Fritz Machlup argued that it did.* Joseph Stiglitz more recently has argued that development agencies such as the World Bank are filled with 'third rate economists from first rate institutions.'
When I began my professional career as a teacher and researcher in economics the two fields that I tried to contribute to were (1) comparative and development economics, and (2) the history and methodology of political economy. And whle I still consider these fields to be among the most intellectually rewarding in economics, anyone who pursues these fields will have to agree that the modal economist practicing comparative and development economics and/or history and methodology of political economy is radically different in personality and interest from the modal economist in more traditional fields such as IO or Public Economics.
To a considerable extent, with the collapse of communisn in 1989, the field of comparative and development economics moved in a more traditional direction. When that changed the population pool changed. Among comparativist now-a-days you are about a likely to find a true believing Marxist as you are to find one working in the field of monetary economics. Let alone more exotic economists that used to populate the Association of Comparative Economics such as Ghandian economics, or the "small is beautiful" movement.
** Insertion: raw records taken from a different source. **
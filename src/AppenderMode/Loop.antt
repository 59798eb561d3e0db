-- ===== src/AppenderMode/Loop.antt =====
-- The loop over the tokens.
use mathlib.Core.Path.{subst}
use phxargs.Base.{
  ℕ, zero, suc, ◌*◌, ◌<◌, ◌≡◌, refl, ap, sym, ◌∙◌, ◌⊎◌, inl, inr, Bool, true, false, List, [], ◌∷◌,
  ◌++◌, Option, none, ok, Yields, returns, >>=-Yields, Yields-weaken, length, length-append, arith,
  append_assoc, append-nil,
}
use phxargs.Base.Strings.{Str}
use phxargs.Stream.{Stream}
use phxargs.World.{Kernel}
use phxargs.ProcessPool.Reap.{IsLawful}
use phxargs.Command.{Command}
use phxargs.XargsMode.{XargsMode, Toker, xargs_mode_tokenizer_errored, is_error, toker_error}
use phxargs.XargsMode.Launches.{Continues}
use phxargs.XargsMode.Feeds.{
  not_errored, Feeds, finished, fed, Fetches, fetched-Tracks, next_token-ok,
}
use phxargs.CommandArgs.Refines as Args
use phxargs.AppenderMode.{appender_loop}
use phxargs.AppenderMode.Serves.{Passed, Passing, Reason}
use phxargs.AppenderMode.Batches.{Sound}
use phxargs.AppenderMode.Tests.{Passed-more, Passing-weaken}
use phxargs.AppenderMode.Passes.{Stepped, step-Passed}

module _ (kernel : Kernel) (law : IsLawful kernel) (base : Command)
    (appending : base.arg_placeholder ≡ none) (char_is_signed : Bool) where
  -- The loop has passed on the tokens taken, which are all of them unless the pool has halted.
  pub record Ended (tokens : List Str) (errored : Bool) (end : XargsMode × Bool) : Type 0 where
    pub taken : List Str
    pub left : List Str
    pub all : taken ++ left ≡ tokens
    pub passed : Passing base (Sound base) end.0 taken (2 * length tokens)
    pub stopped : (left ≡ []) ⊎ (end.0.pool.halt ≡ true)
    pub input : (end.1 ≡ true) × (0 < length tokens) ⊎ (end.1 ≡ false) × (tokens ≡ [])
    pub fails : xargs_mode_tokenizer_errored end.0 ≡ true → errored ≡ true

  fetched-Passed :
      {mode : XargsMode} {seen : List Str} {bound : ℕ} {toker : Toker} {source source' : Stream}
      {token : Option Str} {errored : Bool}
      → (f : Fetches char_is_signed toker source source' token errored mode.cmd)
      → Passed base mode seen bound
      → Passed base
          (record mode { toker = f.after; arg_source = source'; cmd = f.counted })
          seen
          bound
  fetched-Passed {source'} f p = record {
    batches = p.batches;
    items = p.items;
    serves = record {
      tracks = fetched-Tracks f.after source' f.lines_only p.serves.tracks;
      arguments =
          subst (λ (c : Command). Args.Represents c.input_args p.items) (sym f.lines_only.1)
            p.serves.arguments;
    };
    in_order = p.in_order;
    launches = p.launches;
    known = p.known;
  }

  -- What a round of the loop leads to, where the rest of the loop does what it should.
  after-step :
      (rounds : ℕ) (stop : Bool) (mode next : XargsMode) (seen : List Str) (token : Str)
      (rest tokens : List Str) (errored : Bool)
      → seen ++ token ∷ rest ≡ tokens
      → is_error (toker_error mode.toker) ≡ false
      → Stepped kernel law base appending mode seen token (2 * length seen) (next, stop)
      → (Continues mode next
          → Passed base next (seen ++ token ∷ []) (2 * length (seen ++ token ∷ []))
          → Yields
              (Reason kernel base tokens)
              (Ended tokens errored)
              (appender_loop kernel char_is_signed rounds next true))
      → Yields (Reason kernel base tokens) (Ended tokens errored) (elim stop [
        | true ↦ ok (next, true)
        | false ↦ appender_loop kernel char_is_signed rounds next true
      ])
  after-step rounds true mode next seen token rest tokens errored all e (i, inl (p, h)) go_on =
      returns (record {
        taken = seen ++ token ∷ [];
        left = rest;
        all = append_assoc seen (token ∷ []) rest ∙ all;
        passed =
            Passing-weaken p
              (omega (
                arith,
                ap length all,
                length-append seen (token ∷ rest),
                length-append seen (token ∷ []),
              ))
              p.known.sound;
        stopped = inr (h refl);
        input = inl (refl, omega (arith, ap length all, length-append seen (token ∷ rest)));
        fails = not_errored next e i.toker_same;
      })
  after-step rounds true mode next seen token rest tokens errored all e (i, inr (p, s, h)) go_on =
      returns (record {
        taken = seen;
        left = token ∷ rest;
        all = all;
        passed = Passed-more p (omega (arith, ap length all, length-append seen (token ∷ rest)));
        stopped = inr h;
        input = inl (refl, omega (arith, ap length all, length-append seen (token ∷ rest)));
        fails = not_errored next e i.toker_same;
      })
  after-step rounds false mode next seen token rest tokens errored all e (i, inr (p, s, h)) go_on =
      absurd (cc)
  after-step rounds false mode next seen token rest tokens errored all e (i, inl (p, h)) go_on =
      go_on i (Passed-more p (omega (arith, length-append seen (token ∷ []))))

  pub loop-Ended :
      (rounds : ℕ) {toker : Toker} {source : Stream} {rest : List Str} {errored : Bool}
      (mode : XargsMode) (seen tokens : List Str) (present : Bool)
      → Feeds char_is_signed toker source rest errored
      → mode.toker ≡ toker
      → mode.arg_source ≡ source
      → seen ++ rest ≡ tokens
      → (present ≡ true) × (0 < length seen) ⊎ (present ≡ false) × (seen ≡ [])
      → Passed base mode seen (2 * length seen)
      → length rest < rounds
      → Yields
          (Reason kernel base tokens)
          (Ended tokens errored)
          (appender_loop kernel char_is_signed rounds mode present)
  unfolding appender_loop
  loop-Ended zero mode seen tokens present feeds et es all begun p h = absurd (omega arith)
  loop-Ended (suc rounds) mode seen tokens present (finished f) et es all begun p h =
      let now = f mode.cmd in
      rw (next_token-ok char_is_signed mode et es now) (
        returns (record {
          taken = seen;
          left = [];
          all = all;
          passed =
              let q = fetched-Passed now p in
              Passing-weaken q (omega (arith, ap length all, length-append seen [])) q.known.sound;
          stopped = inl refl;
          input = elim begun [
            | inl (present, some_seen) ↦
                inl (present, omega (arith, ap length all, length-append seen []))
            | inr (absent, unseen) ↦ inr (absent, sym all ∙ append-nil seen ∙ unseen)
          ];
          fails = λ h. sym now.error_is ∙ h;
        }))
  loop-Ended (suc rounds) {errored} mode seen tokens present
        (fed {source'} {token} {tokens = rest} f shorter more) et es all begun p h =
      let now = f mode.cmd in
      let read = record mode { toker = now.after; arg_source = source'; cmd = now.counted } in
      rw (next_token-ok char_is_signed mode et es now) (
        >>=-Yields {P = Stepped kernel law base appending read seen token (2 * length seen)}
          {Q = Ended tokens errored} _
          (Yields-weaken
            (step-Passed kernel law base appending read seen rest token (2 * length seen)
              (fetched-Passed now p) (omega arith))
            (λ _ went. went) (λ why. subst (Reason kernel base) all why))
          (λ (next, stop) went.
            after-step rounds stop read next seen token rest tokens errored all now.error_is went
              (λ i p'.
                loop-Ended rounds next (seen ++ token ∷ []) tokens true (more mode.cmd) i.toker_same
                  i.source_same (append_assoc seen (token ∷ []) rest ∙ all)
                  (inl (refl, omega (arith, length-append seen (token ∷ [])))) p'
                  (omega (arith, h)))))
The development of New Growth Theory cut against Machlup's quip, and the strange intellectual diversity that once dominated the field of comparative and development economics has for all intents and purposes disappeared.
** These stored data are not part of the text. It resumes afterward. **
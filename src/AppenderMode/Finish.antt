-- ===== src/AppenderMode/Finish.antt =====
-- What follows the loop, and what a run comes to.
use mathlib.Core.Path.{subst}
use mathlib.Core.List.{Perm}
use phxargs.Base.{
  ℕ, ◌+◌, ◌*◌, ◌≤◌, ◌<◌, ◌≡◌, refl, sym, ap, ◌∙◌, ◌⊎◌, inl, inr, Bool, true, false, List, [], ◌∷◌,
  ◌++◌, none, ok, Yields, returns, exits, >>=-Yields, Yields-weaken, length, arith, length-append,
  map, Bool-cases, if◌then◌else◌,
}
use phxargs.Base.Strings.{Str}
use phxargs.World.{Kernel}
use phxargs.ProcessPool.Status.{worst_status}
use phxargs.ProcessPool.Reap.{IsLawful, pids_of, any_halting}
use phxargs.ProcessPool.Loops.{process_pool_drain-reaps}
use phxargs.Command.{Command}
use phxargs.XargsMode.Launches.{Tracks, vectors, unlaunched-running}
use phxargs.XargsMode.{
  xargs_mode_tokenizer_errored, xargs_mode_execute_command, xargs_mode_input_args_remain,
  xargs_mode_drain, XargsMode,
}
use phxargs.AppenderMode.{execute_last, appender_finish}
use phxargs.AppenderMode.Batches.{Sent, Sound, EachFilled}
use phxargs.AppenderMode.Batches.Moves.{Sound-Sent, Sound-flushed}
use phxargs.AppenderMode.Serves.{Reason, with_fixed, flat, Passing, Flushed, execute-Flushed}
use phxargs.AppenderMode.Loop.{Ended}

no_items : (items : List Str) → length items ≡ 0 → items ≡ []
no_items [] h = refl
no_items (item ∷ items) h = absurd (omega arith)

nothing_passed : (front items : List Str) → front ++ items ≡ [] → items ≡ []
nothing_passed front items e =
    no_items items (omega (arith, ap length e, length-append front items))

front_empty : (front items : List Str) → front ++ items ≡ [] → front ≡ []
front_empty [] items e = refl
front_empty (item ∷ front) items e = absurd (cc)

no_batches :
    (batches : List (List Str)) (items : List Str)
    → EachFilled batches
    → flat batches ++ items ≡ []
    → batches ≡ []
no_batches [] items each e = refl
no_batches (batch ∷ batches) items each e = absurd (
    omega (
      arith,
      ap length (front_empty (flat batches ++ batch) items e),
      length-append (flat batches) batch,
      each.0,
    ))

-- What a run comes to, with its status and its final state: `left` has not been read, and nothing
-- is held or left unless a child has halted the pool.
pub record Completed (base : Command) (suppress : Bool) (tokens : List Str) (result : ℕ × XargsMode)
    : Type 0 where
  pub batches : List (List Str)
  pub items : List Str
  pub left : List Str
  pub in_order : (flat batches ++ items) ++ left ≡ tokens
  pub launched : vectors result.1.world ≡ with_fixed base batches
  pub sent : Sent base suppress tokens batches items
  pub complete : (items ≡ []) × (left ≡ []) ⊎ (result.1.pool.halt ≡ true)
  pub reaped : Perm (pids_of result.1.world.launched) (pids_of result.1.world.reaped)
  pub status : result.0 ≡ worst_status result.1.world.reaped
  pub halts : result.1.pool.halt ≡ any_halting result.1.world.reaped

-- Why a run may leave the process: a reason of the loop, or an input that is read or formed badly.
abbrev pub RunFails : Kernel → Command → List Str → Bool → Type 0
RunFails kernel base tokens errored = Reason kernel base tokens ⊎ (errored ≡ true)

module _ (kernel : Kernel) (law : IsLawful kernel) (base : Command)
    (appending : base.arg_placeholder ≡ none) where
  drain-Completed :
      {suppress : Bool} {tokens left seen : List Str} {mode : XargsMode} {bound : ℕ} {Why : Type 0}
      → seen ++ left ≡ tokens
      → (p : Passing base (Sent base suppress tokens) mode seen bound)
      → (p.items ≡ []) × (left ≡ []) ⊎ (mode.pool.halt ≡ true)
      → Yields Why (Completed base suppress tokens) (xargs_mode_drain kernel mode)
  unfolding xargs_mode_drain
  drain-Completed {left} {mode} all p c =
      let t = p.serves.tracks in
      let (pool', world', drained, empty, reaped, status, halts, same, stays) =
        process_pool_drain-reaps kernel law mode.pool mode.world t.children t.consistent in
      rw drained (
        returns (record {
          batches = p.batches;
          items = p.items;
          left = left;
          in_order = ap (λ xs. xs ++ left) p.in_order ∙ all;
          launched = ap (map (λ c. c.1)) same ∙ t.history;
          sent = p.known;
          complete = elim c [ inl done ↦ inl done | inr h ↦ inr (stays h) ];
          reaped = subst (λ l. Perm (pids_of l) (pids_of world'.reaped)) (sym same) reaped;
          status = status;
          halts = halts;
        }))

  -- What is left as it is holds nothing.
  unflushed :
      {mode : XargsMode} {seen : List Str} {bound : ℕ} (suppress : Bool) (tokens : List Str)
      → (p : Passing base (Sound base) mode seen bound)
      → Sent base suppress tokens p.batches p.items
      → p.items ≡ []
      → Flushed kernel law base appending (Sent base suppress tokens) mode seen (bound + 1) mode
  unflushed suppress tokens p sent e = record {
    passed = record {
      batches = p.batches;
      items = p.items;
      serves = p.serves;
      in_order = p.in_order;
      launches = omega (arith, p.launches);
      known = sent;
    };
    continues = record { toker_same = refl; source_same = refl; halt_stays = λ h. h };
    nothing_held = inl e;
  }

  remain-Flushed :
      (remain suppress : Bool) (mode : XargsMode) (seen tokens : List Str) (bound : ℕ)
      → (p : Passing base (Sound base) mode seen bound) → bound ≤ 2 * length tokens + 1
      → 0 < length tokens
      → (remain ≡ false) × (p.items ≡ []) ⊎ (remain ≡ true) × (0 < length p.items)
      → Yields
          (Reason kernel base tokens)
          (Flushed kernel law base appending (Sent base suppress tokens) mode seen (bound + 1))
          (if remain then xargs_mode_execute_command kernel mode else ok mode)
  remain-Flushed true suppress mode seen tokens bound p b some_token (inr (e, some_held)) =
      execute-Flushed kernel law base appending {Then = Sent base suppress tokens} mode seen tokens
        bound p (λ _ _ _. Sound-Sent p.known some_token)
        (Sound-Sent (Sound-flushed p.known some_held) some_token) b
  remain-Flushed true suppress mode seen tokens bound p b some_token (inl (e, empty)) = absurd (cc)
  remain-Flushed false suppress mode seen tokens bound p b some_token (inl (e, empty)) =
      returns (unflushed suppress tokens p (Sound-Sent p.known some_token) empty)
  remain-Flushed false suppress mode seen tokens bound p b some_token (inr (e, some_held)) =
      absurd (cc)

  remain-cases :
      {mode : XargsMode} {seen : List Str} {bound : ℕ}
      → (p : Passing base (Sound base) mode seen bound)
      → (xargs_mode_input_args_remain mode ≡ false) × (p.items ≡ [])
        ⊎ (xargs_mode_input_args_remain mode ≡ true) × (0 < length p.items)
  remain-cases {mode} p = elim (Bool-cases (xargs_mode_input_args_remain mode)) [
    | inl remain ↦ inr (remain, ground (arith, remain, p.serves.arguments.counted))
    | inr none_left ↦
        inl (none_left, no_items p.items (ground (arith, none_left, p.serves.arguments.counted)))
  ]

  -- Without a token nothing has been launched or is held.
  nothing_sent :
      {mode : XargsMode} {seen : List Str} {bound : ℕ}
      → (p : Passing base (Sound base) mode seen bound) → seen ≡ []
      → (p.items ≡ []) × (p.batches ≡ [])
  nothing_sent p unseen = (
    nothing_passed (flat p.batches) p.items (p.in_order ∙ unseen),
    no_batches p.batches p.items p.known.filled (p.in_order ∙ unseen),
  )

  -- So the pool cannot halt in front of the launch of the words alone.
  halted-Sent :
      {Then : Type 0} {seen : List Str} {mode : XargsMode} {bound : ℕ} (mode' : XargsMode)
      → (p : Passing base (Sound base) mode seen bound) → seen ≡ []
      → mode'.pool.halt ≡ true
      → Tracks base mode' (with_fixed base p.batches)
      → Then
  halted-Sent mode' p unseen halted t =
      let running = unlaunched-running (
        subst (λ batches. Tracks base mode' (with_fixed base batches)) (nothing_sent p unseen).1
          t) in
      absurd (cc)

  execute_last-Flushed :
      (suppress input_present : Bool) (mode : XargsMode) (seen tokens : List Str) (bound : ℕ)
      → (p : Passing base (Sound base) mode seen bound) → bound ≤ 2 * length tokens + 1
      → (input_present ≡ true) × (0 < length tokens)
        ⊎ (input_present ≡ false) × (seen ≡ []) × (tokens ≡ [])
      → Yields
          (Reason kernel base tokens)
          (Flushed kernel law base appending (Sent base suppress tokens) mode seen (bound + 1))
          (execute_last kernel suppress mode input_present)
  unfolding execute_last
  execute_last-Flushed suppress true mode seen tokens bound p b (inl (_, some_token)) =
      remain-Flushed (xargs_mode_input_args_remain mode) suppress mode seen tokens bound p b
        some_token (remain-cases p)
  execute_last-Flushed suppress true mode seen tokens bound p b (inr (e, _, _)) = absurd (cc)
  execute_last-Flushed suppress false mode seen tokens bound p b (inl (e, _)) = absurd (cc)
  execute_last-Flushed true false mode seen tokens bound p b (inr (_, unseen, none_given)) =
      let (empty, none_launched) = nothing_sent p unseen in
      returns (
        unflushed true tokens p
          (record {
            limited = p.known.limited;
            filled = inr (none_given, none_launched);
            full = p.known.full;
          })
          empty)
  execute_last-Flushed false false mode seen tokens bound p b (inr (_, unseen, none_given)) =
      let (empty, none_launched) = nothing_sent p unseen in
      execute-Flushed kernel law base appending {Then = Sent base false tokens} mode seen tokens
        bound p (λ mode' halted t. halted-Sent mode' p unseen halted t)
        (record {
          limited = (p.known.held, p.known.limited);
          filled = inr (none_given, cc (empty, none_launched));
          full = (tt, p.known.full);
        })
        b

  input-cases :
      {char_is_signed errored input_present : Bool} {tokens : List Str} {mode : XargsMode}
      → (x : Ended kernel law base appending char_is_signed tokens errored (mode, input_present))
      → (input_present ≡ true) × (0 < length tokens)
        ⊎ (input_present ≡ false) × (x.taken ≡ []) × (tokens ≡ [])
  input-cases x = elim x.input [
    | inl present ↦ inl present
    | inr (absent, none_given) ↦
        inr (absent, front_empty x.taken x.left (x.all ∙ none_given), none_given)
  ]

  pub finish-Completed :
      (char_is_signed suppress failing errored input_present : Bool) (tokens : List Str)
      (mode : XargsMode)
      → Ended kernel law base appending char_is_signed tokens errored (mode, input_present)
      → xargs_mode_tokenizer_errored mode ≡ failing
      → Yields
          (RunFails kernel base tokens errored)
          (Completed base suppress tokens)
          (appender_finish kernel suppress mode input_present)
  unfolding appender_finish xargs_mode_drain
  finish-Completed char_is_signed suppress true errored input_present tokens mode x e =
      let t = x.passed.serves.tracks in
      let (_, _, drained, _, _, _, _, _, _) =
        process_pool_drain-reaps kernel law mode.pool mode.world t.children t.consistent in
      rw (e, drained) (exits (inr (x.fails e)))
  finish-Completed char_is_signed suppress false errored input_present tokens mode x e = rw e (
      >>=-Yields {Q = Completed base suppress tokens} _
        (Yields-weaken
          (execute_last-Flushed suppress input_present mode x.taken tokens (2 * length tokens)
            x.passed (omega arith) (input-cases x))
          (λ _ f. f) inl)
        (λ last f. drain-Completed x.all f.passed (elim f.nothing_held [
          | inr halted ↦ inr halted
          | inl flushed ↦ elim x.stopped [
            | inl read ↦ inl (flushed, read)
            | inr halted ↦ inr (f.continues.halt_stays halted)
          ]
        ])))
Is this a good thing or bad?
*Cited by Don Boudreaux in his review of David Warsh's Knowledge and the Wealth of Nations.
Pete: Maybe you can "get" this... one simple example at a time. So...
I recall Block's case championing the sexist boss and his relationship with his secretary (Defending the Undefendable). Let's say his analysis is consistent with the concept of a downward-sloping demand curve.
Can you imagine -- without much strain -- a criticism of the sexist boss situation that is *also* consistent with the concept of a downward-sloping demand curve? I bet you can.
So, in this example, what we perhaps have is a difference in orientation (and justification/criticism). The hard-nosed male economist applauding the sexist boss, versus the feminist economist criticizing the sexist boss, with neither economist denying the law of demand.
No?
Posted by: DPrychitko | May 16, 2008 at 09:33 AM
Oops, I must've clicked on the wrong entry.
As Roseanne Roseannadanna used to say: "Nevermind."
Posted by: DPrychitko | May 16, 2008 at 09:35 AM
Going back to Pete's original point: When I was in grad school it was widely believed (not by me, of course) that less-qualified students -- women, in particular -- tended to self-select into "softer" fields like labor economics, demography, and environmental economics while eschewing economic theory, monetary economics, econometrics, and the like. I remember one of my male classmates being teased for going into labor economics, a "chick field."